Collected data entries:
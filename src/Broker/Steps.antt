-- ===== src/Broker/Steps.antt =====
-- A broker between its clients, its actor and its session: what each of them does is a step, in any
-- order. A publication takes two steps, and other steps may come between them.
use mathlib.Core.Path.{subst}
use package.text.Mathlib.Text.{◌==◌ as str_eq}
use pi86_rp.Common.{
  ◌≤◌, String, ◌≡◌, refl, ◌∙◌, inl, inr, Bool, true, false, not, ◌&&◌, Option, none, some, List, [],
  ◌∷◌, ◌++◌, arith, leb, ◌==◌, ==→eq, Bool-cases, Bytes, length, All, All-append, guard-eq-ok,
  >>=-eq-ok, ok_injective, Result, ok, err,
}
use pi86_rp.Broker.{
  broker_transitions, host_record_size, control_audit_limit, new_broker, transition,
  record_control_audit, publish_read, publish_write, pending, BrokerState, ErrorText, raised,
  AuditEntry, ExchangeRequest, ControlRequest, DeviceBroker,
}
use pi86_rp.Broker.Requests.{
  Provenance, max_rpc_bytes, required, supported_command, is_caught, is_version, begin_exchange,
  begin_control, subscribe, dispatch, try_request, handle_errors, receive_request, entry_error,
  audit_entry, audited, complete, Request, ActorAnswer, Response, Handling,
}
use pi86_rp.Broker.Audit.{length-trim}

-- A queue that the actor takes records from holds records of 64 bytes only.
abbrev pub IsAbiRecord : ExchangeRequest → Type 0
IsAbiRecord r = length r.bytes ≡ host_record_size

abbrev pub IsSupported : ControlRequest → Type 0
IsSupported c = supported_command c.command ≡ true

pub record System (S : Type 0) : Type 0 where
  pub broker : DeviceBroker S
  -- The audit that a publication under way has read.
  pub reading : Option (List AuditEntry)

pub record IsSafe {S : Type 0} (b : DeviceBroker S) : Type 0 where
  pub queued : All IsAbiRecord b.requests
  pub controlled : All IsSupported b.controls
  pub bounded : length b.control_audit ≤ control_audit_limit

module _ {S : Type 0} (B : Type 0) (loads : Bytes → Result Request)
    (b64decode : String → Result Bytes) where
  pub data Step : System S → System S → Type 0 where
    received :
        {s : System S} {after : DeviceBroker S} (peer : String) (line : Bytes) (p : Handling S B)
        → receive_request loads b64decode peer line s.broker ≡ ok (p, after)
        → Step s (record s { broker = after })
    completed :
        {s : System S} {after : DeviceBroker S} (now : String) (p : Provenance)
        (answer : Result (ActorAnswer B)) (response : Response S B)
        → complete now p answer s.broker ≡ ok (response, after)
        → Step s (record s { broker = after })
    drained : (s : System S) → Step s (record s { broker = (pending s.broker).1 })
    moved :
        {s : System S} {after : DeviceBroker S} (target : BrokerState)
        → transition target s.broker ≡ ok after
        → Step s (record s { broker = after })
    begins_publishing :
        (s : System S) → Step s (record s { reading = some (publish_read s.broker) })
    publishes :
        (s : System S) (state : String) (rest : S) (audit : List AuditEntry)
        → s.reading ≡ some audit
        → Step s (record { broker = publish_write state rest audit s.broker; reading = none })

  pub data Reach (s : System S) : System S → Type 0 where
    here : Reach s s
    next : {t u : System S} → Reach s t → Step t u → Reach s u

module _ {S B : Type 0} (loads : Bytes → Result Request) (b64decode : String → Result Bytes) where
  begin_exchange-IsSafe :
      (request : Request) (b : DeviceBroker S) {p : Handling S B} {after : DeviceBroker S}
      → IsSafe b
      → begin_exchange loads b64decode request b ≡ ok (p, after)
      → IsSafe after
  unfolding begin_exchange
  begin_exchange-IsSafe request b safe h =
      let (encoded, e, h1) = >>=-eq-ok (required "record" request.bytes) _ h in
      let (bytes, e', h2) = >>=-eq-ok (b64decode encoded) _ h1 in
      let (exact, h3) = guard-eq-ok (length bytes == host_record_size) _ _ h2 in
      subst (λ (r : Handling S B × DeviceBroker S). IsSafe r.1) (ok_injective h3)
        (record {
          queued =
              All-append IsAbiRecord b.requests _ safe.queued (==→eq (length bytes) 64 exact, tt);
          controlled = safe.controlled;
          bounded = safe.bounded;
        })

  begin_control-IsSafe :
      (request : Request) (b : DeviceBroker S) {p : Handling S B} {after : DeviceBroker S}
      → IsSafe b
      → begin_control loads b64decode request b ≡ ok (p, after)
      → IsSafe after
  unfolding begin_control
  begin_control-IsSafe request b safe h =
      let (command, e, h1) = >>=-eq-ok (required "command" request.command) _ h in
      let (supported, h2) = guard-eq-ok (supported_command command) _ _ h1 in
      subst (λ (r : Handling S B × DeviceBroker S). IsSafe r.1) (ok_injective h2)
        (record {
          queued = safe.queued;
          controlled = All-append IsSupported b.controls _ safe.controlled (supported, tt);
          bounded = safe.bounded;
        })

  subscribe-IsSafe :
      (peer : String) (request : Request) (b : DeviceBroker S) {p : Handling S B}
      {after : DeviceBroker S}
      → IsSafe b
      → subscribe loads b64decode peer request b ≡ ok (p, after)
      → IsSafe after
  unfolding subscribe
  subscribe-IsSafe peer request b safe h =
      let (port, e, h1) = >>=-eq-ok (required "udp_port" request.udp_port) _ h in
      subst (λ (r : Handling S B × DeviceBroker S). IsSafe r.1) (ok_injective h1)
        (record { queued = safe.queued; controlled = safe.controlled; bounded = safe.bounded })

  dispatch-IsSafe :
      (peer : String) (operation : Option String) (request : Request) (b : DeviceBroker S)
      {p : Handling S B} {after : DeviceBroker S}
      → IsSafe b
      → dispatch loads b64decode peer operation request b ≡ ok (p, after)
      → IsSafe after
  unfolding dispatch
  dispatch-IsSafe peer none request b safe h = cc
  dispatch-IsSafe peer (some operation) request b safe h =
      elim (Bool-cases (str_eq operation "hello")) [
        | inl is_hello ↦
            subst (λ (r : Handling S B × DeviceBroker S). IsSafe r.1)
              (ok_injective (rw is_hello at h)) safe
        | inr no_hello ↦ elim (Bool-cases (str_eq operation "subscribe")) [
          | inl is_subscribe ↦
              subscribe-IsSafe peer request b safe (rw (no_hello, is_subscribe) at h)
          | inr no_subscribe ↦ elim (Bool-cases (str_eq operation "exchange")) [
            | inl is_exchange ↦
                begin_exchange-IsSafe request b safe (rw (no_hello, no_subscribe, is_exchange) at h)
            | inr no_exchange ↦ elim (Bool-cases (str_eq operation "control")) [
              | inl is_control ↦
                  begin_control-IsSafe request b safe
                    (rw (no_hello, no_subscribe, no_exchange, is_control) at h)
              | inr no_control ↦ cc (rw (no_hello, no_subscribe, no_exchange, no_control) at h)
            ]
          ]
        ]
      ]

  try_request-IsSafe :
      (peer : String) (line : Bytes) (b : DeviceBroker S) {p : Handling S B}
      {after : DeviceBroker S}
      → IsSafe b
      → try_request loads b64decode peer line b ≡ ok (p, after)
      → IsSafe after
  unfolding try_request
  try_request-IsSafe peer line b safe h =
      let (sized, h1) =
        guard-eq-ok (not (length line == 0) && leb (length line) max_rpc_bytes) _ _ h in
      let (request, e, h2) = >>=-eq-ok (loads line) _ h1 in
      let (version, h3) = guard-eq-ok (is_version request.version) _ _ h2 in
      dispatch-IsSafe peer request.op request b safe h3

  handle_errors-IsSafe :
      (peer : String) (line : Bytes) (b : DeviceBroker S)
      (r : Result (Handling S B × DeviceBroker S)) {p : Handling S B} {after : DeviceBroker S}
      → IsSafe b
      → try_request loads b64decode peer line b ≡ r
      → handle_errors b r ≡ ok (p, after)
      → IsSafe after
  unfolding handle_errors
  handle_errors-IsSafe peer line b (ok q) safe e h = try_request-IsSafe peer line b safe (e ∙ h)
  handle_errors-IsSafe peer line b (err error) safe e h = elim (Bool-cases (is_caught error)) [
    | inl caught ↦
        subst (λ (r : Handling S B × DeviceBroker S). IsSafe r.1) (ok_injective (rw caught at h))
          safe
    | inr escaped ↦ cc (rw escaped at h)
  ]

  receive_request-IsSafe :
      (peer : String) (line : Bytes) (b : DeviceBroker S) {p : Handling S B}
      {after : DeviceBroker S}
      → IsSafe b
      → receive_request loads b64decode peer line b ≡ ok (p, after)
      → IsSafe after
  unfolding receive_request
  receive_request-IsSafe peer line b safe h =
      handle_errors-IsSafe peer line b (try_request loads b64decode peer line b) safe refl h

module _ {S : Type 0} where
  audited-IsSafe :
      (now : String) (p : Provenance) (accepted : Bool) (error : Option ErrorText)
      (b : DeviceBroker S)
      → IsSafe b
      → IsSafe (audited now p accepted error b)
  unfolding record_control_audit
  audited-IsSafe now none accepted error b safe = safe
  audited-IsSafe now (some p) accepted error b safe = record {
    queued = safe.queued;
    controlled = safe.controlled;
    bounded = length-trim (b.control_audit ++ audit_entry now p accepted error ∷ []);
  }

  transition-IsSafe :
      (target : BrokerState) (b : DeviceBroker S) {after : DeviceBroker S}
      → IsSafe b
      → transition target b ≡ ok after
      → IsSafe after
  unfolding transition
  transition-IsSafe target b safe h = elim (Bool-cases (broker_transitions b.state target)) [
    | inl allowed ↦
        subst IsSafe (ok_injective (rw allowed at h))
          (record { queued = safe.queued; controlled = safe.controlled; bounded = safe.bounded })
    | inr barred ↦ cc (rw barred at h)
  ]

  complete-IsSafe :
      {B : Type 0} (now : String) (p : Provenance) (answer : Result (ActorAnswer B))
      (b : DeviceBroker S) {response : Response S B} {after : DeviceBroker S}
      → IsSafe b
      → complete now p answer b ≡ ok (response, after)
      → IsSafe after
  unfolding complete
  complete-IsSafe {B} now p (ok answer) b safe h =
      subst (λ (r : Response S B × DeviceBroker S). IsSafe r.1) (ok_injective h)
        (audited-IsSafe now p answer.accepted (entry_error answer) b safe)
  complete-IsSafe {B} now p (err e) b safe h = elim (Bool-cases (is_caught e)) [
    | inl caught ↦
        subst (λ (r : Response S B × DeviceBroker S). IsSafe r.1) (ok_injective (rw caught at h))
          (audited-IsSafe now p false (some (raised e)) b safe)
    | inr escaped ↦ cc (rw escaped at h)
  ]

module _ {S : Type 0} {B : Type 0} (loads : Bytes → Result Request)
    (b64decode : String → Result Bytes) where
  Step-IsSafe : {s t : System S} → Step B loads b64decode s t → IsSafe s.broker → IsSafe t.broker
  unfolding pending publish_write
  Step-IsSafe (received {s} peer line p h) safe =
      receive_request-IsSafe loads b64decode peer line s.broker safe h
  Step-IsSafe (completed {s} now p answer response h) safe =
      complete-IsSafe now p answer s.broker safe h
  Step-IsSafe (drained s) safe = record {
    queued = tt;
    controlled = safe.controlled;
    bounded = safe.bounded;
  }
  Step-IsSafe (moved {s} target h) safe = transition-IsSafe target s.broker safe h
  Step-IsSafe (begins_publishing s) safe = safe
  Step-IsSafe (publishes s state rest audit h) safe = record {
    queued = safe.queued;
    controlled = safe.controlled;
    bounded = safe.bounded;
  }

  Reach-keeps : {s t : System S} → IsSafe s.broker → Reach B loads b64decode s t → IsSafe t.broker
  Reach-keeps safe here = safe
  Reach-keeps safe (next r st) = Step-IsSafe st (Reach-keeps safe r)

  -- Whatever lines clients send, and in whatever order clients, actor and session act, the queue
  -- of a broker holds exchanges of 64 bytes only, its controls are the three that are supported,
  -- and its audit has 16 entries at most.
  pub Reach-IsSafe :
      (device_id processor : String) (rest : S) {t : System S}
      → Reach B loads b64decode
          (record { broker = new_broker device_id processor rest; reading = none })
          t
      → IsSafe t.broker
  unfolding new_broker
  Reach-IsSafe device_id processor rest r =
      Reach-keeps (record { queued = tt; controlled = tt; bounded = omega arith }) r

- [Exercise goal] With the first line being the one containing "receive_request-IsSafe peer line" and the last line the one containing "receive_request-IsSafe loads b64decode", transcribe exactly the lines above that fall in that range.

- [Response]
  receive_request-IsSafe peer line b safe h =
      handle_errors-IsSafe peer line b (try_request loads b64decode peer line b) safe refl h

module _ {S : Type 0} where
  audited-IsSafe :
      (now : String) (p : Provenance) (accepted : Bool) (error : Option ErrorText)
      (b : DeviceBroker S)
      → IsSafe b
      → IsSafe (audited now p accepted error b)
  unfolding record_control_audit
  audited-IsSafe now none accepted error b safe = safe
  audited-IsSafe now (some p) accepted error b safe = record {
    queued = safe.queued;
    controlled = safe.controlled;
    bounded = length-trim (b.control_audit ++ audit_entry now p accepted error ∷ []);
  }

  transition-IsSafe :
      (target : BrokerState) (b : DeviceBroker S) {after : DeviceBroker S}
      → IsSafe b
      → transition target b ≡ ok after
      → IsSafe after
  unfolding transition
  transition-IsSafe target b safe h = elim (Bool-cases (broker_transitions b.state target)) [
    | inl allowed ↦
        subst IsSafe (ok_injective (rw allowed at h))
          (record { queued = safe.queued; controlled = safe.controlled; bounded = safe.bounded })
    | inr barred ↦ cc (rw barred at h)
  ]

  complete-IsSafe :
      {B : Type 0} (now : String) (p : Provenance) (answer : Result (ActorAnswer B))
      (b : DeviceBroker S) {response : Response S B} {after : DeviceBroker S}
      → IsSafe b
      → complete now p answer b ≡ ok (response, after)
      → IsSafe after
  unfolding complete
  complete-IsSafe {B} now p (ok answer) b safe h =
      subst (λ (r : Response S B × DeviceBroker S). IsSafe r.1) (ok_injective h)
        (audited-IsSafe now p answer.accepted (entry_error answer) b safe)
  complete-IsSafe {B} now p (err e) b safe h = elim (Bool-cases (is_caught e)) [
    | inl caught ↦
        subst (λ (r : Response S B × DeviceBroker S). IsSafe r.1) (ok_injective (rw caught at h))
          (audited-IsSafe now p false (some (raised e)) b safe)
    | inr escaped ↦ cc (rw escaped at h)
  ]

module _ {S : Type 0} {B : Type 0} (loads : Bytes → Result Request)
    (b64decode : String → Result Bytes) where
  Step-IsSafe : {s t : System S} → Step B loads b64decode s t → IsSafe s.broker → IsSafe t.broker
  unfolding pending publish_write
  Step-IsSafe (received {s} peer line p h) safe =
      receive_request-IsSafe loads b64decode peer line s.broker safe h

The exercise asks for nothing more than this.